03 -- Obrolan Penuh Arti

19.4K 2.3K 194
                                    

Besok sudah senin lagi. Jangan lupa kumpulin semangat ya.

Komen yang banyak nan serunya ditunggu. 😘😘😘

- - - - -

[Tepat saat makan siang, di kafe natura.]

Pesan singkat itu yang pada akhirnya berhasil mengirimku duduk di salah satu sudut kafe ini. Aku menyandang dagu, pandanganku berkeliling setengah tak berselera. Lebih dari dua puluh meja yang tersedia di ruangan ini telah berpenghuni. Semua berpasangan atau malah bergerombol, tentu saja selain aku dan bayanganku yang memilih kursi di sudut terjauh.

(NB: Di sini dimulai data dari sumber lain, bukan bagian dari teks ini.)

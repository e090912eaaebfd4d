-- ===== src/Ingestion/Service.antt =====
-- internal/application/ingestion/service.go over the row of one run (IngestionRepository of
-- internal/infrastructure/postgres/ingestion_repository.go with its statements). A statement may fail, and
-- its answer may be lost although it took effect. Of errors that are joined or wrapped the first
-- sentinel stands for all.
pub mod Moved
pub mod Closed
pub mod Started
use cross_border_ecommerce.Base.{
  ℕ, Bool, true, false, not, ◌||◌, List, [], ◌∷◌, ◌++◌, Option, none, some, if◌then◌else◌, Text,
  text_eq, trim_space, is_blank, is_empty, Error, error_eq, Result, ok, err, ◌>>=◌, ◌>>◌, fail_if,
  Fault, works, fails, loses, other, invalid_source_id, inactive_source, run_not_found,
  run_already_active, invalid_run_state, invalid_transition, invalid_run_id,
}
use cross_border_ecommerce.Product.Metrics.{BatchMetrics, sum_metrics, validate_metrics}
use cross_border_ecommerce.Ingestion.RawRecord.{RawRecord}
use cross_border_ecommerce.Ingestion.Run.{
  RunStatus, pending, running, completed, partial, failed, cancelled, unknown, IngestionRun,
  new_run, start, complete, fail, cancel, processable,
}

-- The row of the run, the raw records, and whether the run was queued for the product processing.
pub record Store : Type 0 where
  pub run : Option IngestionRun
  pub saved : List RawRecord
  pub queued : Bool

-- A statement or a transaction, which fails without a trace, works, or works without an answer.
unfoldable pub settled : Fault → Store → Result Store → Result (Unit {0}) × Store
settled works s (ok s') = (ok tt, s')
settled works s (err e) = (err e, s)
settled (fails e) s result = (err e, s)
settled (loses n) s (ok s') = (err (other n), s')
settled (loses n) s (err e) = (err (other n), s)

unfoldable pub statement : Fault → (Store → Result Store) → Store → Result (Unit {0}) × Store
unfolding settled
statement fault f s = settled fault s (f s)

abbrev pub status_eq : RunStatus → RunStatus → Bool
status_eq pending pending = true
status_eq running running = true
status_eq completed completed = true
status_eq partial partial = true
status_eq failed failed = true
status_eq cancelled cancelled = true
status_eq (unknown a) (unknown b) = text_eq a b
status_eq _ _ = false

abbrev pub kept_checkpoint : Text → Text → Text
kept_checkpoint old next = if is_empty next then old else next

-- UpdateIngestionRunProgress on a row in progress.
abbrev pub progressed : BatchMetrics → Text → ℕ → IngestionRun → IngestionRun
progressed m checkpoint now r = record r {
  metrics = sum_metrics r.metrics m;
  checkpoint = kept_checkpoint r.checkpoint checkpoint;
  updated_at = now;
}

-- UpdateProgress of the repository, on the row that it meets.
unfoldable pub update_progress : BatchMetrics → Text → ℕ → Option IngestionRun → Result IngestionRun
update_progress m checkpoint now none = err run_not_found
update_progress m checkpoint now (some r) =
    if status_eq r.status running then ok (progressed m checkpoint now r) else err invalid_run_state

-- UpdateIngestionRunStatus: the columns of the run that it writes.
abbrev pub restated : IngestionRun → IngestionRun → IngestionRun
restated next r = record r {
  status = next.status;
  error_summary = next.error_summary;
  checkpoint = kept_checkpoint r.checkpoint next.checkpoint;
  completed_at = next.completed_at;
  updated_at = next.updated_at;
}

-- UpdateStatus of the repository: the run moves on from the status that it was read with, and is queued
-- in the same statement if it can be processed.
unfoldable pub update_status : IngestionRun → RunStatus → Store → Option IngestionRun → Result Store
update_status next from s none = err run_not_found
update_status next from s (some r) =
    if status_eq r.status from
    then ok
        (record s { run = some (restated next r); queued = processable next.status || s.queued })
    else err invalid_transition

-- What the service meets: the source, its latest run, the clock, the fresh id, and the database at the
-- creation of the run and at each of its transitions.
pub record Session : Type 0 where
  pub source_enabled : Result Bool
  pub latest_status : Result (Option RunStatus)
  pub generated : Result Text
  pub start_time : ℕ
  pub create_fault : Fault

pub record Transition : Type 0 where
  pub find_fault : Option Error
  pub time : ℕ
  pub update_fault : Fault

abbrev pub is_active : Option RunStatus → Bool
is_active none = false
is_active (some status) = status_eq status running || status_eq status pending

-- The check of the latest run.
unfoldable pub check_active : Result (Option RunStatus) → Result (Unit {0})
check_active (err e) = if error_eq e run_not_found then ok tt else err e
check_active (ok latest) = fail_if (is_active latest) run_already_active

-- StartRun up to the insertion.
unfoldable pub prepare_run : Session → Text → Text → Result IngestionRun
unfolding check_active
prepare_run x source_id checkpoint = do
  fail_if (is_blank source_id) invalid_source_id
  enabled ← x.source_enabled
  fail_if (not enabled) inactive_source
  check_active x.latest_status
  run ← new_run [] source_id checkpoint x.generated x.start_time
  start x.start_time run

abbrev pub created : IngestionRun → Result (Unit {0}) × Store → Result IngestionRun × Store
created run (ok u, s) = (ok run, s)
created run (err e, s) = (err e, s)

unfoldable pub create_run : Fault → Result IngestionRun → Store → Result IngestionRun × Store
create_run fault (err e) s = (err e, s)
create_run fault (ok run) s =
    created run (statement fault (λ s'. ok (record s' { run = some run; queued = false })) s)

-- StartRun.
unfoldable pub start_run : Session → Text → Text → Store → Result IngestionRun × Store
unfolding prepare_run create_run
start_run x source_id checkpoint s =
    create_run x.create_fault (prepare_run x source_id checkpoint) s

-- ResumeRun, by the run that was looked up.
abbrev is_resumable : RunStatus → Bool
is_resumable partial = true
is_resumable failed = true
is_resumable _ = false

pub resume_run : Session → Result IngestionRun → Store → Result IngestionRun × Store
unfolding start_run
resume_run x (err e) s = (err e, s)
resume_run x (ok previous) s =
    if is_resumable previous.status
    then start_run x previous.source_id previous.checkpoint s
    else (err invalid_transition, s)

-- FindRunByID.
abbrev pub find_run : Option Error → Option IngestionRun → Result IngestionRun
find_run (some e) run = err e
find_run none none = err run_not_found
find_run none (some r) = ok r

-- GetRun.
abbrev pub get_run : Option Error → Text → Option IngestionRun → Result IngestionRun
get_run fault id run = if is_blank id then err invalid_run_id else find_run fault run

abbrev advanced_by : Store → Result IngestionRun → Result Store
advanced_by s (err e) = err e
advanced_by s (ok r) = ok (record s { run = some r })

abbrev progress_batch : BatchMetrics → Text → ℕ → Store → Result Store
unfolding update_progress
progress_batch m checkpoint now s =
    advanced_by s (update_progress m (trim_space checkpoint) now s.run)

-- RecordBatch.
pub record_batch : Text → BatchMetrics → Text → ℕ → Fault → Store → Result (Unit {0}) × Store
unfolding statement validate_metrics
record_batch id m checkpoint now fault s =
    if is_blank id then (err invalid_run_id, s) else elim (validate_metrics m) [
      | err e ↦ (err e, s)
      | ok u ↦ statement fault (progress_batch m checkpoint now) s
    ]

unfoldable pub write_transition :
    Transition → IngestionRun → Result IngestionRun → Store → Result (Unit {0}) × Store
write_transition x r (err e) s = (err e, s)
write_transition x r (ok next) s =
    statement x.update_fault (λ s'. update_status next r.status s' s'.run) s

unfoldable pub apply_transition :
    Transition
    → (ℕ → IngestionRun → Result IngestionRun)
    → Result IngestionRun
    → Store
    → Result (Unit {0}) × Store
unfolding write_transition
apply_transition x apply (err e) s = (err e, s)
apply_transition x apply (ok r) s = write_transition x r (apply x.time r) s

-- transitionRun, with the transition of the run as an argument.
unfoldable pub transition_run :
    Transition → (ℕ → IngestionRun → Result IngestionRun) → Store → Result (Unit {0}) × Store
unfolding apply_transition
transition_run x apply s = apply_transition x apply (find_run x.find_fault s.run) s

-- CompleteRun, FailRun and CancelRun.
unfoldable pub complete_run : Transition → Text → Store → Result (Unit {0}) × Store
unfolding transition_run
complete_run x checkpoint s = transition_run x (complete checkpoint) s

unfoldable pub fail_run : Transition → Text → Store → Result (Unit {0}) × Store
unfolding transition_run
fail_run x summary s = transition_run x (fail summary) s

unfoldable pub cancel_run : Transition → Text → Store → Result (Unit {0}) × Store
unfolding transition_run
cancel_run x reason s = transition_run x (cancel reason) s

Pemandangan di depan sana terbanding terbalik denganku. Jika bibirku membentuk segaris masam dan setengah aura pemalas, maka mereka semua malah tampak dilingkupi dengan semangat yang menggila. Senyum lebar dan tawa renyah mereka sedikit membuatku jatuh iri. Seolah tak ada perih dan sakit yang pernah mereka tanggung. Seolah hidup mereka, begitu ringan dan mudah untuk dijalani. Aku saja lupa, kapan aku bisa tertawa selepas itu.

Penyakit hati ini yang selalu berhasil menyumbat laju napasku. Kudesahkan udara dari kantong paru, lalu pergi mengingatkan diri sendiri bahwa aku tak perlu jadi seperti mereka. Telah kudapatkan cara yang paling ampuh untuk melalui hari demi hari. Lagi pula, sendiri begini juga tak terlalu menyedihkan. Alih-alih selalu membuatku nyaman.

"Salwa, maaf sedikit terlambat."

Kuturunkan tangan yang sedari tadi menopang dagu. Tubuhku yang semula melengkung malas, kembali kutegakkan dengan tegap. Pria yang membuatku menunggu di sini hampir dari sepuluh menit itu datang dengan dada naik turun. Selain napasnya yang putus-putus, ada pula butir-butir keringat yang membasahi area dahi dan lehernya.

"Ban mobilku tiba-tiba pecah. Aku lari lumayan jauh, supaya nggak bikin kamu nunggu lebih lama dari ini."

Jangan kira aku akan terkesan. Jika dia seolah sedang menjelaskan perjuangannya, maka aku hanya merasa dia sedang tidak dalam mode pintar-mendekati bodoh. Ojek atau taksi bertebaran di jalanan, lantas mengapa dia memilih berlari di bawah matahari yang sedang terik-teriknya?

"Tanpa dandan pun, kamu masih bisa secantik ini, ya?"

Aku menahan dengusan mendengar pujian itu. "Jadi, adikmu mana?" tanyaku mengingatkan ia pada maksud pertemuan kami siang ini. Sungguh, aku mungkin adalah salah satu gadis yang benci akan basa-basi. Pakaiannya yang basah, sama sekali tak mengurangi sifat tengilnya di mataku.

"Ah, dia ... tiba-tiba ada urusan mendadak. Jadi-"

"Ya udah. Kita atur lain waktu saja." Serobotku, lalu mengangkat tubuh untuk berdiri.

"Tunggu-tunggu," Aldi memiliki gerak refleks yang cukup cepat. Aku baru berhasil menyampirkan tas ke pundak, tapi dia malah sudah berdiri siap menghadang jalanku. "Adikku nurut sama semua keputusanku kok. Jadi kita bisa bikin deal-deal apalah itu tanpa dia. Gimana?"

"Aldi-"

"Wah, ini pertama kalinya kamu nyebutin namaku. Ulangi coba-"

"Aku pulang."

Kuduga, pria ini begitu menyukai drama. Dia pandai sekali bertingkah dengan dua tangan, kaki, hingga mimik mukanya untuk berhasil menyulapku jadi badut-badut yang boleh ditonton banyak mata. Sekarang saja, ada beberapa yang menaruh senyum mencurigakan. Sebagian tatapan malah kuartikan sebagai hujatan. Seolah aku sudah sangat keterlaluan karena berani membuat pria tampan dengan kemeja licin memohon-mohon untuk gadis tak cantik semacamku.

Wajahku bersaing merah dengan tomat. Sementara pria menyebalkan yang sukses membuatku malu setengah mati itu malah tercengir dengan lebar. Kuembuskan napas dengan kasar. Kembali aku duduk, sebelum tanganku yang menari lebih dulu menerjang rahang-rahang tegasnya. Sungguh, aku hanya terbiasa ditatap penuh kekaguman. Ditatap seolah aku gadis tak tahu diri, baru sekali ini kurasakan.